#### WHAT THIS TASK INVOLVES:
Check every line of the entries for "Option", and copy the lines that hold it.

[Stored items]

* * * * * * *

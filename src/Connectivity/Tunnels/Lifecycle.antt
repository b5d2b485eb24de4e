-- ===== src/Connectivity/Tunnels/Lifecycle.antt =====
-- The invariant of attempts and tokens under requestRelayTunnel.
use agent_tunnel.Base.{
  ℕ, ◌≡◌, refl, sym, subst, false, Option, none, some, List, inl, inr, arith, ◌==◌, nat_eq,
  Bool-cases, Option-cases,
}
use agent_tunnel.Base.Text.{Text, text_eq}
use agent_tunnel.Base.Dict.{
  Dict, lookup, insert, delete, lookup-delete, lookup-insert, insert-Distinct,
}
use agent_tunnel.Connectivity.{
  Registry, TunnelAttempt, TunnelToken, client, daemon, LiveDaemon, Result, ok, err, Effect,
}
use agent_tunnel.Connectivity.Removal.{
  remove_tunnel_attempt, remove_rendezvous, sweep_expired_tunnel_attempts,
}
use agent_tunnel.Connectivity.Limits.{allow_relay_tunnel_request, record_relay_tunnel_request}
use agent_tunnel.Connectivity.Tunnels.{
  drop_old_attempt, store_attempt, commit_relay_tunnel, commit_admitted, begin_normalized,
  begin_relay_tunnel, both_tokens, new_attempt,
}
use agent_tunnel.Connectivity.Requests.{
  normalize_request, request_key, admit_relay_tunnel, TunnelRequest, Env,
}
use agent_tunnel.Connectivity.Tunnels.Tokens.{WellFormed, IsTokenFor}
use agent_tunnel.Connectivity.Tunnels.Invariant.{Consistent, drop_old-Consistent, sweep-Consistent}

module _ (attempts : Dict Text TunnelAttempt) (tokens : Dict Text TunnelToken)
    (w : WellFormed attempts tokens) where
  -- A token that is not used any more.
  pub spend : (token : Text) → WellFormed attempts (delete token tokens)
  spend token = record {
    distinct = w.distinct;
    keyed = w.keyed;
    backed = λ t stored found. w.backed t stored (ground (arith, lookup-delete token t tokens));
  }

  -- A stored token is for no attempt under a free key.
  backed_elsewhere :
      (key t : Text) (stored : TunnelToken)
      → lookup key attempts ≡ none
      → lookup t tokens ≡ some stored
      → (key == stored.attempt_id) ≡ false
  backed_elsewhere key t stored free found =
      let (b, at, mine, fresh) = w.backed t stored found in ground arith

  enter_keyed :
      (a : TunnelAttempt) (k : Text) (c : TunnelAttempt)
      → lookup k (insert a.key a attempts) ≡ some c
      → c.key ≡ k
  enter_keyed a k c found = ground (arith, lookup-insert a.key k a attempts, w.keyed k c)

  -- A fresh attempt under a free key, with any one of its tokens.
  enter :
      (a : TunnelAttempt)
      → lookup a.key attempts ≡ none
      → WellFormed (insert a.key a attempts) tokens
  enter a free = record {
    distinct = insert-Distinct a.key a attempts w.distinct;
    keyed = enter_keyed a;
    backed = λ t stored found.
        let (b, at, mine, fresh) = w.backed t stored found in
        let other = backed_elsewhere a.key t stored free found in
        (b, ground (arith, lookup-insert a.key stored.attempt_id a attempts), mine, fresh);
  }

  draw :
      (token : Text) (stored : TunnelToken)
      → IsTokenFor attempts token stored
      → WellFormed attempts (insert token stored tokens)
  draw token stored h = record {
    distinct = w.distinct;
    keyed = w.keyed;
    backed = λ t s found. elim (Bool-cases (token == t)) [
      | inl e ↦
          let same : s ≡ stored = ground (arith, lookup-insert token t stored tokens) in
          let here : token ≡ t = ground arith in rw (same, sym here) h
      | inr e ↦ w.backed t s (ground (arith, lookup-insert token t stored tokens))
    ];
  }

store-Consistent :
    (r : Registry) (a : TunnelAttempt)
    → Consistent r
    → lookup a.key r.attempts ≡ none
    → a.app_redeemed ≡ false
    → a.daemon_redeemed ≡ false
    → Consistent (store_attempt r a)
unfolding store_attempt
store-Consistent r a w free app other =
    let at : lookup a.key (insert a.key a r.attempts) ≡ some a =
      ground (arith, lookup-insert a.key a.key a r.attempts) in
    let entered = enter r.attempts r.tokens w a free in
    let drawn =
      draw _ r.tokens entered a.app_token (record { attempt_id = a.key; actor = client })
        (a, at, refl, app) in
    draw _ _ drawn a.daemon_token (record { attempt_id = a.key; actor = daemon })
      (a, at, refl, other)

-- After the old attempt has gone its key is free.
lookup-drop_old :
    (r : Registry) (key : Text)
    → Consistent r
    → lookup key (drop_old_attempt r key).0.attempts ≡ none
unfolding drop_old_attempt remove_tunnel_attempt
lookup-drop_old r key w = elim (Option-cases (lookup key r.attempts)) [
  | inl e ↦ ground arith
  | inr (a, e) ↦ ground (arith, w.keyed key a e, lookup-delete key key r.attempts)
]

commit-Consistent :
    (r : Registry) (q : TunnelRequest) (live : LiveDaemon) (app_token daemon_token : Text)
    (env : Env)
    → Consistent r
    → Consistent (commit_relay_tunnel r q live app_token daemon_token env).0
unfolding commit_relay_tunnel record_relay_tunnel_request remove_rendezvous store_attempt
commit-Consistent r q live app_token daemon_token env w =
    let logged = record_relay_tunnel_request r q.owner.user_id env.now in
    let freed = (drop_old_attempt logged (request_key q)).0 in
    store-Consistent freed (new_attempt freed q live app_token daemon_token env.created_at)
      (drop_old-Consistent logged (request_key q) w) (lookup-drop_old logged (request_key q) w) refl
      refl

commit_admitted-Consistent :
    (r : Registry) (q : TunnelRequest) (env : Env) (swept : List Effect)
    (tokens : Option (Text × Text)) (admitted : Result LiveDaemon)
    → Consistent r
    → Consistent (commit_admitted r q env swept tokens admitted).0
unfolding commit_admitted
commit_admitted-Consistent r q env swept tokens (err e) w = w
commit_admitted-Consistent r q env swept none (ok live) w = w
commit_admitted-Consistent r q env swept (some (a, d)) (ok live) w =
    commit-Consistent r q live a d env w

-- The checks change only the log of the requests.
pub admit_frame :
    (r : Registry) (q : TunnelRequest) (now : ℕ)
    → (admit_relay_tunnel r q now).0
      ≡ record r { tunnel_requests = (admit_relay_tunnel r q now).0.tunnel_requests }
unfolding admit_relay_tunnel allow_relay_tunnel_request
admit_frame r q now = ground arith

admit-Consistent :
    (r : Registry) (q : TunnelRequest) (now : ℕ)
    → Consistent r
    → Consistent (admit_relay_tunnel r q now).0
admit-Consistent r q now w = subst (λ s. Consistent s) (sym (admit_frame r q now)) w

begin_normalized-Consistent :
    (r : Registry) (q : TunnelRequest) (env : Env)
    → Consistent r
    → Consistent (begin_normalized r q env).0
unfolding begin_normalized
begin_normalized-Consistent r q env w =
    let swept = (sweep_expired_tunnel_attempts r env.swept_at).0 in
    let admitted = admit_relay_tunnel swept q env.now in
    let kept = admit-Consistent swept q env.now (sweep-Consistent r env.swept_at w) in
    ground (
      arith,
      commit_admitted-Consistent admitted.0 q env (sweep_expired_tunnel_attempts r env.swept_at).2
          (both_tokens env) admitted.1 kept,
    )

pub begin-Consistent :
    (r : Registry) (q : TunnelRequest) (env : Env)
    → Consistent r
    → Consistent (begin_relay_tunnel r q env).0
unfolding begin_relay_tunnel
begin-Consistent r q env w = begin_normalized-Consistent r (normalize_request q) env w
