-- ===== src/Connectivity/Tunnels/Redemption.antt =====
-- The invariant of attempts and tokens under RedeemRelayTunnelToken, and under what follows it.
use agent_tunnel.Base.{
  ℕ, suc, ◌≡◌, refl, true, Option, none, some, ◌⊎◌, inl, inr, arith, ◌==◌, nat_eq, Bool-cases,
  Option-cases,
}
use agent_tunnel.Base.Text.{Text, text_eq, trim}
use agent_tunnel.Base.Dict.{
  Dict, lookup, insert, delete, lookup-delete, lookup-insert, insert-Distinct,
}
use agent_tunnel.Connectivity.{Registry, TunnelAttempt, TunnelToken, Actor, client, daemon}
use agent_tunnel.Connectivity.Removal.{sweep_expired_tunnel_attempts}
use agent_tunnel.Connectivity.Redeem.{
  is_redeemed, mark_redeemed, redeem_relay_tunnel_token, redeem_stored, redeem_attempt,
  mark_relay_tunnel_active, add_tunnel_closer, forget_tunnel_closer,
}
use agent_tunnel.Connectivity.Tunnels.Tokens.{WellFormed, IsTokenFor, token_of}
use agent_tunnel.Connectivity.Tunnels.Invariant.{
  Consistent, change-WellFormed, remove_found, sweep-Consistent,
}
use agent_tunnel.Connectivity.Tunnels.Lifecycle.{spend}

mark-token_of :
    (actor other : Actor) (a : TunnelAttempt)
    → token_of other (mark_redeemed actor a) ≡ token_of other a
mark-token_of client client a = refl
mark-token_of client daemon a = refl
mark-token_of daemon client a = refl
mark-token_of daemon daemon a = refl

mark-key : (actor : Actor) (a : TunnelAttempt) → (mark_redeemed actor a).key ≡ a.key
mark-key client a = refl
mark-key daemon a = refl

-- Only the other side is as before.
mark-is_redeemed :
    (actor other : Actor) (a : TunnelAttempt)
    → (is_redeemed other (mark_redeemed actor a) ≡ is_redeemed other a)
      ⊎ (token_of other a ≡ token_of actor a)
mark-is_redeemed client client a = inr refl
mark-is_redeemed client daemon a = inl refl
mark-is_redeemed daemon client a = inl refl
mark-is_redeemed daemon daemon a = inr refl

module _ (attempts : Dict Text TunnelAttempt) (tokens : Dict Text TunnelToken)
    (w : WellFormed attempts tokens) (a : TunnelAttempt) (key token : Text) (actor : Actor)
    (at : lookup key attempts ≡ some a) (mine : token_of actor a ≡ token) where
  mark_keyed :
      (k : Text) (c : TunnelAttempt)
      → lookup k (insert key (mark_redeemed actor a) attempts) ≡ some c
      → c.key ≡ k
  mark_keyed k c found = ground (
    arith,
    lookup-insert key k (mark_redeemed actor a) attempts,
    w.keyed key a at,
    w.keyed k c,
    mark-key actor a,
  )

  mark_backed :
      (t : Text) (stored : TunnelToken)
      → lookup t (delete token tokens) ≡ some stored
      → IsTokenFor (insert key (mark_redeemed actor a) attempts) t stored
  mark_backed t stored found =
      let kept : lookup t tokens ≡ some stored = ground (arith, lookup-delete token t tokens) in
      let (d, at_d, mine_d, fresh) = w.backed t stored kept in
      let marked = mark_redeemed actor a in
      let there = lookup-insert key stored.attempt_id marked attempts in
      elim (Bool-cases (key == stored.attempt_id)) [
        | inl e ↦ (
          marked,
          ground (arith, there),
          ground (arith, mark-token_of actor stored.actor a),
          ground (arith, mark-is_redeemed actor stored.actor a, lookup-delete token t tokens),
        )
        | inr e ↦ (d, ground (arith, there), mine_d, fresh)
      ]

  redeemed-WellFormed :
      WellFormed (insert key (mark_redeemed actor a) attempts) (delete token tokens)
  redeemed-WellFormed = record {
    distinct = insert-Distinct key (mark_redeemed actor a) attempts w.distinct;
    keyed = mark_keyed;
    backed = λ t stored found. mark_backed t stored found;
  }

redeem_attempt-Consistent :
    (r : Registry) (token : Text) (now : ℕ) (stored : TunnelToken) (attempt : Option TunnelAttempt)
    → Consistent r
    → lookup token r.tokens ≡ some stored
    → lookup stored.attempt_id r.attempts ≡ attempt
    → Consistent (redeem_attempt r token now stored attempt).0
unfolding redeem_attempt
redeem_attempt-Consistent r token now stored none w found at = spend r.attempts r.tokens w token
redeem_attempt-Consistent r token now stored (some a) w found at =
    let (b, at_b, mine, fresh) = w.backed token stored found in
    let gone = remove_found r w stored.attempt_id a at in
    let spent =
      redeemed-WellFormed r.attempts r.tokens w a stored.attempt_id token stored.actor at
        (ground arith) in
    ground arith

redeem_stored-Consistent :
    (r : Registry) (token : Text) (now : ℕ) (stored : Option TunnelToken)
    → Consistent r
    → lookup token r.tokens ≡ stored
    → Consistent (redeem_stored r token now stored).0
unfolding redeem_stored
redeem_stored-Consistent r token now none w found = w
redeem_stored-Consistent r token now (some stored) w found =
    redeem_attempt-Consistent r token now stored _ w found refl

pub redeem-Consistent :
    (r : Registry) (raw : Text) (swept_at now : ℕ)
    → Consistent r
    → Consistent (redeem_relay_tunnel_token r raw swept_at now).0
unfolding redeem_relay_tunnel_token
redeem-Consistent r raw swept_at now w =
    let swept = (sweep_expired_tunnel_attempts r swept_at).0 in
    let done =
      redeem_stored-Consistent swept (trim raw) now (lookup (trim raw) swept.tokens)
        (sweep-Consistent r swept_at w) refl in
    ground arith

pub mark_active-Consistent :
    (r : Registry) (raw : Text) → Consistent r → Consistent (mark_relay_tunnel_active r raw).0
unfolding mark_relay_tunnel_active
mark_active-Consistent r raw w = elim (Option-cases (lookup (trim raw) r.attempts)) [
  | inl e ↦ ground arith
  | inr (a, e) ↦ ground (
    arith,
    change-WellFormed r.attempts r.tokens w (trim raw) a (record a { active = true }) e
        (refl, refl, refl, refl, refl),
  )
]

pub add_closer-Consistent :
    (r : Registry) (raw : Text) (closer : ℕ)
    → Consistent r
    → Consistent (add_tunnel_closer r raw closer).0
unfolding add_tunnel_closer
add_closer-Consistent r raw closer w = elim (Option-cases (lookup (trim raw) r.attempts)) [
  | inl e ↦ ground arith
  | inr (a, e) ↦ ground (
    arith,
    change-WellFormed r.attempts r.tokens w (trim raw) a
        (record a { closers = insert (suc r.next_closer_id) closer a.closers }) e
        (refl, refl, refl, refl, refl),
  )
]

pub forget_closer-Consistent :
    (r : Registry) (raw : Text) (id : ℕ) → Consistent r → Consistent (forget_tunnel_closer r raw id)
unfolding forget_tunnel_closer
forget_closer-Consistent r raw id w = elim (Option-cases (lookup (trim raw) r.attempts)) [
  | inl e ↦ ground arith
  | inr (a, e) ↦ ground (
    arith,
    change-WellFormed r.attempts r.tokens w (trim raw) a
        (record a { closers = delete id a.closers }) e (refl, refl, refl, refl, refl),
  )
]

* * * * * * *

#### SOLUTION TO THIS TASK:
  ℕ, ◌≡◌, refl, sym, subst, false, Option, none, some, List, inl, inr, arith, ◌==◌, nat_eq,
  Bool-cases, Option-cases,
lookup-drop_old r key w = elim (Option-cases (lookup key r.attempts)) [
    (tokens : Option (Text × Text)) (admitted : Result LiveDaemon)
  ℕ, suc, ◌≡◌, refl, true, Option, none, some, ◌⊎◌, inl, inr, arith, ◌==◌, nat_eq, Bool-cases,
  Option-cases,
    (r : Registry) (token : Text) (now : ℕ) (stored : TunnelToken) (attempt : Option TunnelAttempt)
    (r : Registry) (token : Text) (now : ℕ) (stored : Option TunnelToken)
mark_active-Consistent r raw w = elim (Option-cases (lookup (trim raw) r.attempts)) [
add_closer-Consistent r raw closer w = elim (Option-cases (lookup (trim raw) r.attempts)) [
forget_closer-Consistent r raw id w = elim (Option-cases (lookup (trim raw) r.attempts)) [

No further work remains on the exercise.